--- DATASET CONTENT ---
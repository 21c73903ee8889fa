-- ===== src/Market/QuoteChain.antt =====
-- volengine/market_data/domain/quote_chain.py: the writes of `QuoteChain` and the move since the
-- baseline. Of the conventions a chain reads the underlying here; ChainSnapshot has its reads.
pub mod Inventory
pub mod Kept
use volengine.Base.{
  String, Bool, true, false, not, ◌&&◌, ◌||◌, Option, none, some, List, [], ◌∷◌, ◌++◌, map,
  if◌then◌else◌,
}
use volengine.Base.Results.{Result, ok, err, value_error}
use volengine.Base.Instants.{Instant}
use volengine.Base.Floats.{Float, IsComparable, fmax}
use volengine.Base.Keys.{◌==◌, string_key, instant_key}
use volengine.Base.Dict.{Dict, get, has, put, restrict, member}
use volengine.Contracts.Surface.{every}
use volengine.Market.Quotes.{InstrumentId, QuoteObservation, QuoteUpdate, mid, instrument_key}

pub record QuoteChain (F : Type 0) : Type 0 where
  pub underlying : String
  pub observations : Dict (InstrumentId F) (QuoteObservation F)
  pub live : List (InstrumentId F)
  pub forwards : Dict Instant F
  pub baseline_mids : Dict (InstrumentId F) F

abbrev pub new_chain : {F : Type 0} → String → QuoteChain F
new_chain underlying = record {
  underlying = underlying;
  observations = [];
  live = [];
  forwards = [];
  baseline_mids = [];
}

-- `if update.underlying_price is not None: self._forwards[expiry] = price`
unfoldable pub put_forward : {F : Type 0} → Dict Instant F → Instant → Option F → Dict Instant F
put_forward d expiry none = d
put_forward d expiry (some price) = put d expiry price

abbrev pub expiries : {F : Type 0} → List (InstrumentId F) → List Instant
expiries [] = []
expiries (i ∷ is) = i.expiry ∷ expiries is

module _ {F : Type 0} ⦃f : Float F⦄ where
  unfoldable pub usable_mid : QuoteObservation F → Option F
  usable_mid o = elim (mid o) [
    | none ↦ none
    | some m ↦ if not (f.is_finite m) || f.le m (f.of_ℕ 0) then none else some m
  ]

  -- The comprehension of `reset_move_baseline`.
  unfoldable pub mids_of : Dict (InstrumentId F) (QuoteObservation F) → Dict (InstrumentId F) F
  mids_of [] = []
  mids_of ((i, o) ∷ d) = elim (usable_mid o) [ none ↦ mids_of d | some m ↦ (i, m) ∷ mids_of d ]

module _ {F : Type 0} ⦃f : Float F⦄ ⦃c : IsComparable F⦄ where
  -- `self._live.add(instrument)`, on a set
  unfoldable pub add_live : List (InstrumentId F) → InstrumentId F → List (InstrumentId F)
  add_live live i = if member i live then live else i ∷ live

  -- `set(instruments)`
  unfoldable pub live_set : List (InstrumentId F) → List (InstrumentId F)
  unfolding add_live
  live_set [] = []
  live_set (i ∷ is) = add_live (live_set is) i

  unfoldable pub apply : QuoteUpdate F → QuoteChain F → Result (Unit {0}) × QuoteChain F
  unfolding add_live put_forward
  apply u q =
      if u.instrument.underlying == q.underlying
      then (
        ok tt,
        record q {
          observations = put q.observations u.instrument u.observation;
          live = add_live q.live u.instrument;
          forwards = put_forward q.forwards u.instrument.expiry u.underlying_price;
        },
      )
      else (err value_error, q)

  -- The instruments whose observation `set_live_instruments` deletes.
  unfoldable pub is_dead :
      Dict (InstrumentId F) (QuoteObservation F) → List (InstrumentId F) → InstrumentId F → Bool
  is_dead observations live i = has observations i && not (member i live)

  unfoldable pub set_live_instruments :
      List (InstrumentId F) → QuoteChain F → Result (Unit {0}) × QuoteChain F
  unfolding live_set is_dead
  set_live_instruments instruments q =
      let live = live_set instruments in
      if every (λ (i : InstrumentId F). i.underlying == q.underlying) live
      then (
        ok tt,
        record q {
          live = live;
          observations = restrict (λ i. member i live) q.observations;
          baseline_mids = restrict (λ i. not (is_dead q.observations live i)) q.baseline_mids;
          forwards = restrict (λ expiry. member expiry (expiries live)) q.forwards;
        },
      )
      else (err value_error, q)

  unfoldable pub reset_move_baseline : QuoteChain F → QuoteChain F
  reset_move_baseline q = record q { baseline_mids = mids_of q.observations }

  -- One instrument of the loop of `max_relative_move_since_baseline`.
  unfoldable pub moved : F → Option (QuoteObservation F) → F → F
  moved baseline none largest = largest
  moved baseline (some o) largest =
      if f.le baseline (f.of_ℕ 0) then largest else elim (usable_mid o) [
        | none ↦ largest
        | some current ↦ fmax largest (f.div (f.abs (f.sub current baseline)) baseline)
      ]

  unfoldable pub moves_from :
      F → Dict (InstrumentId F) (QuoteObservation F) → Dict (InstrumentId F) F → F
  moves_from largest observations [] = largest
  moves_from largest observations ((i, baseline) ∷ d) =
      moves_from (moved baseline (get observations i) largest) observations d

  unfoldable pub max_relative_move_since_baseline : QuoteChain F → F
  max_relative_move_since_baseline q = moves_from (f.of_ℕ 0) q.observations q.baseline_mids
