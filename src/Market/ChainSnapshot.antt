-- ===== src/Market/ChainSnapshot.antt =====
-- volengine/market_data/domain/quote_chain.py: `QuoteChain.stats` and `QuoteChain.snapshot`, with the
-- slices that both build. The conventions and the thresholds, which the chain holds, are arguments.
pub mod Counting
pub mod Stats
use volengine.Base.{
  ℕ, zero, suc, ◌+◌, String, Bool, true, false, not, ◌&&◌, ◌||◌, Option, none, some, List, [], ◌∷◌,
  ◌++◌, map, length, ltb, leb, if◌then◌else◌, ◌==◌ as same_number,
}
use volengine.Base.Results.{Result, ok, err, value_error, guard, attach, ◌>>=◌, ◌>>◌}
use volengine.Base.Instants.{Instant, elapsed, before, same_instant, require_aware}
use volengine.Base.Floats.{Float, IsComparable, fmax}
use volengine.Base.Keys.{◌==◌, instant_key}
use volengine.Base.Dict.{Dict, get}
use volengine.Base.Sorting.{sort_by}
use volengine.Market.SnapshotPolicy.{ChainStats, chain_stats}
use volengine.Market.Quotes.{
  OptionKindD, call, put, InstrumentId, QuoteObservation, mid, spread_rel, instrument_key,
}
use volengine.Market.Conventions.{MarketConventions, is_expired, tenor_years}
use volengine.Market.Admissibility.{QuoteFlagD, AdmissibilityThresholds, flag_quote, flag_slice}
use volengine.Market.QuoteChain.{QuoteChain, usable_mid}

pub record ChainQuote (F : Type 0) : Type 0 where
  pub strike : F
  pub kind : OptionKindD
  pub mid : F
  pub spread_rel : F
  pub age_seconds : F
  pub flags : List QuoteFlagD
  pub exchange_iv : Option F

pub record ChainSlice (F : Type 0) : Type 0 where
  pub expiry : Instant
  pub tenor_years : F
  pub forward : F
  pub quotes : List (ChainQuote F)
  pub flags : List QuoteFlagD

pub record ChainSnapshot (F : Type 0) : Type 0 where
  pub market_id : String
  pub underlying : String
  pub ts_exchange : Instant
  pub ts_local : Instant
  pub slices : List (ChainSlice F)
  pub stats : ChainStats F

abbrev pub Entry : Type 0 → Type 0
Entry F = InstrumentId F × QuoteObservation F

-- `sorted(set(expiries))`
unfoldable pub add_instant : Instant → List Instant → List Instant
add_instant t [] = t ∷ []
add_instant t (u ∷ us) = if same_instant u t then u ∷ us else u ∷ add_instant t us

unfoldable pub instant_set : List Instant → List Instant
unfolding add_instant
instant_set [] = []
instant_set (t ∷ ts) = add_instant t (instant_set ts)

unfoldable pub same_instants : List Instant → List Instant → Bool
same_instants [] [] = true
same_instants (t ∷ ts) (u ∷ us) = same_instant t u && same_instants ts us
same_instants _ _ = false

unfoldable pub chain_snapshot : {F : Type 0} → ChainSnapshot F → Result (ChainSnapshot F)
unfolding same_instants instant_set
chain_snapshot s = do
  let ts = map (λ part. part.expiry) s.slices
  guard (same_instants ts (sort_by before (instant_set ts))) value_error
  ok s

-- `max(stamps) if stamps else default`
unfoldable pub latest_stamp : {F : Type 0} → Instant → List (Entry F) → Instant
latest_stamp best [] = best
latest_stamp best ((i, o) ∷ d) =
    latest_stamp (if before best o.ts_exchange then o.ts_exchange else best) d

unfoldable pub latest_exchange_stamp : {F : Type 0} → Instant → List (Entry F) → Instant
unfolding latest_stamp
latest_exchange_stamp default [] = default
latest_exchange_stamp default ((i, o) ∷ d) = latest_stamp o.ts_exchange d

-- `by_expiry.setdefault(expiry, []).append(entry)`
unfoldable pub add_entry :
    {F : Type 0} → Instant → Entry F → Dict Instant (List (Entry F)) → Dict Instant (List (Entry F))
add_entry t e [] = (t, e ∷ []) ∷ []
add_entry t e ((u, es) ∷ d) = if u == t then (u, es ++ e ∷ []) ∷ d else (u, es) ∷ add_entry t e d

-- The first loop of `_build_slices`.
unfoldable pub group :
    {F : Type 0}
    → List (Entry F)
    → Instant
    → Dict Instant (List (Entry F))
    → Result (Dict Instant (List (Entry F)))
unfolding add_entry
group [] now d = ok d
group ((i, o) ∷ entries) now d = do
  expired ← is_expired i.expiry now
  group entries now (if expired then d else add_entry i.expiry (i, o) d)

-- `sorted(by_expiry)`, with the entries of each expiry
abbrev pub by_date : {A : Type 0} → Instant × A → Instant × A → Bool
by_date (t, a) (u, b) = before t u

-- `"CALL" < "PUT"`
abbrev pub kind_before : OptionKindD → OptionKindD → Bool
kind_before call put = true
kind_before _ _ = false

module _ {F : Type 0} ⦃f : Float F⦄ where
  -- the order of `(strike, kind)`
  abbrev pub entry_before : Entry F → Entry F → Bool
  entry_before (i, o) (j, p) =
      if f.eq i.strike j.strike then kind_before i.kind j.kind else f.lt i.strike j.strike

  unfoldable pub usable_number : F → Bool
  usable_number x = not (f.le x (f.of_ℕ 0) || not (f.is_finite x))

  unfoldable pub chain_quote : ChainQuote F → Result (ChainQuote F)
  unfolding usable_number
  chain_quote q = do
    guard (usable_number q.mid) value_error
    guard (not (f.lt q.age_seconds (f.of_ℕ 0))) value_error
    ok q

  unfoldable pub chain_slice : ChainSlice F → Result (ChainSlice F)
  unfolding usable_number
  chain_slice s = do
    guard (usable_number s.tenor_years) value_error
    guard (usable_number s.forward) value_error
    ok s

  unfoldable pub age_of : QuoteObservation F → Instant → F
  age_of o now = fmax (f.of_ℕ 0) (f.seconds (elapsed now o.ts_exchange))

  -- the quote of an observation with a mid and a spread
  unfoldable pub judged :
      AdmissibilityThresholds F → F → Instant → Entry F → F → F → Result (ChainQuote F)
  judged t forward now (i, o) m spread = do
    flags ← flag_quote o i.strike forward none t now
    chain_quote (record {
      strike = i.strike;
      kind = i.kind;
      mid = m;
      spread_rel = spread;
      age_seconds = age_of o now;
      flags = flags;
      exchange_iv = o.exchange_iv;
    })

  -- one round of `_quotes_for`
  unfoldable pub quote_of :
      AdmissibilityThresholds F
      → F
      → Instant
      → Entry F
      → Option F
      → Option F
      → Result (List (ChainQuote F))
      → Result (List (ChainQuote F))
  unfolding judged
  quote_of t forward now e (some m) (some spread) later =
      attach (judged t forward now e m spread) later
  quote_of t forward now e _ _ later = later

  unfoldable pub quotes_in_order :
      AdmissibilityThresholds F → F → Instant → List (Entry F) → Result (List (ChainQuote F))
  unfolding quote_of
  quotes_in_order t forward now [] = ok []
  quotes_in_order t forward now (e ∷ entries) =
      quote_of t forward now e (usable_mid e.1) (spread_rel e.1)
        (quotes_in_order t forward now entries)

  -- `_quotes_for`
  unfoldable pub quotes_for :
      AdmissibilityThresholds F → F → Instant → List (Entry F) → Result (List (ChainQuote F))
  quotes_for t forward now entries = quotes_in_order t forward now (sort_by entry_before entries)

  abbrev pub shape : ChainQuote F → F × OptionKindD × F
  shape q = (q.strike, q.kind, q.mid)

  -- the slice of an expiry with a forward and quotes
  unfoldable pub assembled :
      MarketConventions
      → AdmissibilityThresholds F
      → Instant
      → Instant
      → F
      → List (ChainQuote F)
      → Result (ChainSlice F)
  assembled c t now expiry forward quotes = do
    tenor ← tenor_years c expiry now
    flags ← flag_slice (map shape quotes) t
    chain_slice (record {
      expiry = expiry;
      tenor_years = tenor;
      forward = forward;
      quotes = quotes;
      flags = flags;
    })

  unfoldable pub slice_of :
      MarketConventions
      → AdmissibilityThresholds F
      → Instant
      → Instant
      → F
      → List (ChainQuote F)
      → Result (List (ChainSlice F))
      → Result (List (ChainSlice F))
  unfolding assembled
  slice_of c t now expiry forward [] later = later
  slice_of c t now expiry forward (q ∷ quotes) later =
      attach (assembled c t now expiry forward (q ∷ quotes)) later

  -- one round of the second loop of `_build_slices`
  unfoldable pub slice_round :
      MarketConventions
      → AdmissibilityThresholds F
      → Instant
      → Instant
      → List (Entry F)
      → Option F
      → Result (List (ChainSlice F))
      → Result (List (ChainSlice F))
  slice_round c t now expiry entries none later = later
  slice_round c t now expiry entries (some forward) later = do
    quotes ← quotes_for t forward now entries
    slice_of c t now expiry forward quotes later

  unfoldable pub slices_in_order :
      MarketConventions
      → AdmissibilityThresholds F
      → Instant
      → Dict Instant F
      → Dict Instant (List (Entry F))
      → Result (List (ChainSlice F))
  unfolding slice_round slice_of quotes_for
  slices_in_order c t now forwards [] = ok []
  slices_in_order c t now forwards ((expiry, entries) ∷ d) =
      slice_round c t now expiry entries (get forwards expiry) (slices_in_order c t now forwards d)

  -- `_build_slices`
  unfoldable pub build_slices :
      MarketConventions
      → AdmissibilityThresholds F
      → QuoteChain F
      → Instant
      → Result (List (ChainSlice F))
  build_slices c t q now = do
    require_aware now
    by_expiry ← group q.observations now []
    slices_in_order c t now q.forwards (sort_by by_date by_expiry)

  -- `[quote for chain_slice in slices for quote in chain_slice.quotes]`
  unfoldable pub published : List (ChainSlice F) → List (ChainQuote F)
  published [] = []
  published (s ∷ slices) = s.quotes ++ published slices

  -- `sum(1 for quote in published if not quote.flags)`
  unfoldable pub admissible : List (ChainQuote F) → ℕ
  admissible [] = 0
  admissible (q ∷ quotes) = elim q.flags [
    | [] ↦ suc (admissible quotes)
    | _ ∷ _ ↦ admissible quotes
  ]

  -- `max(ages) if ages else 0.0`
  unfoldable pub oldest_age : F → Instant → List (Entry F) → F
  oldest_age best now [] = best
  oldest_age best now ((i, o) ∷ d) = oldest_age (fmax best (age_of o now)) now d

  unfoldable pub max_age : Instant → List (Entry F) → F
  unfolding oldest_age
  max_age now [] = f.of_ℕ 0
  max_age now ((i, o) ∷ d) = oldest_age (age_of o now) now d

  -- `len(published) / len(live) if live else 0.0`
  unfoldable pub coverage : ℕ → ℕ → F
  coverage n_published n_live =
      if same_number n_live 0 then f.of_ℕ 0 else f.ratio n_published n_live

  -- `_stats_from`
  unfoldable pub stats_from :
      List (ChainSlice F) → List (Entry F) → List (InstrumentId F) → Instant → Result (ChainStats F)
  stats_from slices observations live now = chain_stats (record {
    n_instruments_known = length live;
    n_quotes_total = length observations;
    n_quotes_admissible = admissible (published slices);
    max_age_seconds = max_age now observations;
    coverage_ratio = coverage (length (published slices)) (length live);
  })

  unfoldable pub stats :
      MarketConventions → AdmissibilityThresholds F → QuoteChain F → Instant → Result (ChainStats F)
  stats c t q now = do slices ← build_slices c t q now; stats_from slices q.observations q.live now

  unfoldable pub snapshot :
      MarketConventions
      → AdmissibilityThresholds F
      → QuoteChain F
      → Instant
      → Result (ChainSnapshot F)
  snapshot c t q now = do
    require_aware now
    slices ← build_slices c t q now
    counted ← stats_from slices q.observations q.live now
    chain_snapshot (record {
      market_id = c.market_id;
      underlying = c.underlying;
      ts_exchange = latest_exchange_stamp now q.observations;
      ts_local = now;
      slices = slices;
      stats = counted;
    })
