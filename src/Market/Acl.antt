-- ===== src/Market/Acl.antt =====
-- volengine/market_data/application/acl.py: the chain's view as the published snapshot.
use volengine.Base.{ℕ, String, Bool, not, Option, none, some, List, [], ◌∷◌, map, if◌then◌else◌}
use volengine.Base.Results.{Result, ok, err, value_error, guard, attach, ◌>>=◌, ◌>>◌}
use volengine.Base.Instants.{Instant, elapsed}
use volengine.Base.Floats.{Float, IsComparable, fmax}
use volengine.Base.Keys.{float_key, ◌==◌, string_key}
use volengine.Base.Dict.{Dict, get, put}
use volengine.Base.Sorting.{sort_by}
use volengine.Contracts.Snapshot.{
  OptionKind, QuoteFlag, QuoteData, SliceData, MarketSnapshot, quote_data, slice_data,
  quality_block, market_snapshot,
}
use volengine.Market.Quotes.{OptionKindD, same_kind}
use volengine.Market.Admissibility.{QuoteFlagD}
use volengine.Market.Forward.{forward_from_parity, crosscheck_error, positive_number}
use volengine.Market.SnapshotPolicy.{QualityAssessment, is_degraded}
use volengine.Market.ChainSnapshot.{ChainQuote, ChainSlice, ChainSnapshot}

-- `_KINDS` and `_FLAGS`
unfoldable pub published_kind : OptionKindD → OptionKind
published_kind OptionKindD.call = OptionKind.call
published_kind OptionKindD.put = OptionKind.put

unfoldable pub published_flag : QuoteFlagD → QuoteFlag
published_flag QuoteFlagD.stale = QuoteFlag.stale
published_flag QuoteFlagD.wide_spread = QuoteFlag.wide_spread
published_flag QuoteFlagD.crossed = QuoteFlag.crossed
published_flag QuoteFlagD.low_size = QuoteFlag.low_size
published_flag QuoteFlagD.extreme_moneyness = QuoteFlag.extreme_moneyness
published_flag QuoteFlagD.iv_divergence = QuoteFlag.iv_divergence
published_flag QuoteFlagD.slice_monotonicity = QuoteFlag.slice_monotonicity
published_flag QuoteFlagD.slice_convexity = QuoteFlag.slice_convexity

-- The sequence number's text, `f"{sequence:08d}"`, is a parameter.
unfoldable pub build_snapshot_id :
    (ℕ → String) → (String → String → String) → String → ℕ → Result String
build_snapshot_id digits join market_id sequence = do
  guard (not (market_id == "")) value_error
  ok (join market_id (digits sequence))

module _ {F : Type 0} ⦃f : Float F⦄ where
  unfoldable pub clock_skew_seconds : ChainSnapshot F → F
  clock_skew_seconds s = f.seconds (elapsed s.ts_exchange s.ts_local)

  unfoldable pub reconcile_exchange_instant : Instant → Instant → F → Result Instant
  reconcile_exchange_instant ts_exchange ts_local max_skew = do
    guard (positive_number max_skew) value_error
    ok (
        if f.lt max_skew (f.abs (f.seconds (elapsed ts_exchange ts_local)))
        then ts_local
        else ts_exchange)

  unfoldable pub to_quote_data : ChainQuote F → Result (QuoteData F)
  to_quote_data q = quote_data (record {
    strike = q.strike;
    kind = published_kind q.kind;
    mid = q.mid;
    spread_rel = fmax (f.of_ℕ 0) q.spread_rel;
    age_seconds = q.age_seconds;
    flags = map published_flag q.flags;
    exchange_iv = q.exchange_iv;
  })

  unfoldable pub to_quotes_data : List (ChainQuote F) → Result (List (QuoteData F))
  unfolding to_quote_data
  to_quotes_data [] = ok []
  to_quotes_data (q ∷ quotes) = attach (to_quote_data q) (to_quotes_data quotes)

  unfoldable pub to_slice_data : ChainSlice F → Result (SliceData F)
  unfolding to_quotes_data
  to_slice_data s = do
    quotes ← to_quotes_data s.quotes
    slice_data (record {
      expiry = s.expiry;
      tenor_years = s.tenor_years;
      forward = s.forward;
      quotes = quotes;
      flags = map published_flag s.flags;
    })

  unfoldable pub to_slices_data : List (ChainSlice F) → Result (List (SliceData F))
  unfolding to_slice_data
  to_slices_data [] = ok []
  to_slices_data (s ∷ slices) = attach (to_slice_data s) (to_slices_data slices)

module _ {F : Type 0} ⦃f : Float F⦄ ⦃c : IsComparable F⦄ where
  -- `{quote.strike: quote.mid for quote in quotes if quote.kind is kind}`
  unfoldable pub mids_by_strike : OptionKindD → List (ChainQuote F) → Dict F F → Dict F F
  mids_by_strike kind [] d = d
  mids_by_strike kind (q ∷ quotes) d =
      mids_by_strike kind quotes
        (if same_kind q.kind kind then put ⦃e = float_key⦄ d q.strike q.mid else d)

  -- `calls.keys() & puts.keys()`, with both mids
  unfoldable pub paired : Dict F F → Dict F F → List (F × F × F)
  paired [] puts = []
  paired ((strike, call_mid) ∷ calls) puts = elim (get ⦃e = float_key⦄ puts strike) [
    | none ↦ paired calls puts
    | some put_mid ↦ (strike, call_mid, put_mid) ∷ paired calls puts
  ]

  abbrev strike_before : F × F × F → F × F × F → Bool
  strike_before (k, p, q) (k', p', q') = f.lt k k'

  unfoldable pub parity_pairs : List (ChainQuote F) → List (F × F × F)
  parity_pairs quotes = sort_by strike_before (
      paired (mids_by_strike OptionKindD.call quotes []) (mids_by_strike OptionKindD.put quotes []))

  -- `except ValueError: return None`
  abbrev or_none : Result F → Option F
  or_none (ok x) = some x
  or_none (err e) = none

  unfoldable pub parity_forward : ChainSlice F → Option F
  unfolding parity_pairs
  parity_forward s = elim (parity_pairs s.quotes) [
    | [] ↦ none
    | p ∷ ps ↦ or_none (forward_from_parity (p ∷ ps) (f.of_ℕ 1))
  ]

  abbrev worse : Option F → F → F
  worse none error = error
  worse (some worst) error = fmax worst error

  unfoldable pub crosscheck_step : F → Option F → Option F → Result (Option F)
  crosscheck_step forward none worst = ok worst
  crosscheck_step forward (some parity) worst = do
    error ← crosscheck_error forward parity
    ok (some (worse worst error))

  unfoldable pub crosscheck_from : Option F → List (ChainSlice F) → Result (Option F)
  unfolding crosscheck_step
  crosscheck_from worst [] = ok worst
  crosscheck_from worst (s ∷ slices) = do
    worst' ← crosscheck_step s.forward (parity_forward s) worst
    crosscheck_from worst' slices

  unfoldable pub forward_crosscheck_error : ChainSnapshot F → Result (Option F)
  forward_crosscheck_error s = crosscheck_from none s.slices

  unfoldable pub to_market_snapshot :
      ChainSnapshot F → String → QualityAssessment → F → Result (MarketSnapshot F)
  to_market_snapshot s snapshot_id quality max_skew = do
    ts_exchange ← reconcile_exchange_instant s.ts_exchange s.ts_local max_skew
    slices ← to_slices_data s.slices
    error ← forward_crosscheck_error s
    block ← quality_block (record {
      coverage_ratio = s.stats.coverage_ratio;
      max_age_seconds = s.stats.max_age_seconds;
      n_quotes_admissible = s.stats.n_quotes_admissible;
      n_quotes_total = s.stats.n_quotes_total;
      forward_crosscheck_error = error;
      degraded = is_degraded quality;
    })
    market_snapshot (record {
      snapshot_id = snapshot_id;
      market_id = s.market_id;
      ts_exchange = ts_exchange;
      ts_local = s.ts_local;
      underlying = s.underlying;
      slices = slices;
      quality = block;
      schema_version = 1;
    })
---
ABOUT THIS TASK:
Write down, word for word, the lines above from the one containing "slices_in_order c t now forwards [] = ok []" through the one containing "build_slices c t q now = do", both ends included.

PROBLEM SOLUTION:
  slices_in_order c t now forwards [] = ok []
  slices_in_order c t now forwards ((expiry, entries) ∷ d) =
      slice_round c t now expiry entries (get forwards expiry) (slices_in_order c t now forwards d)

  -- `_build_slices`
  unfoldable pub build_slices :
      MarketConventions
      → AdmissibilityThresholds F
      → QuoteChain F
      → Instant
      → Result (List (ChainSlice F))
  build_slices c t q now = do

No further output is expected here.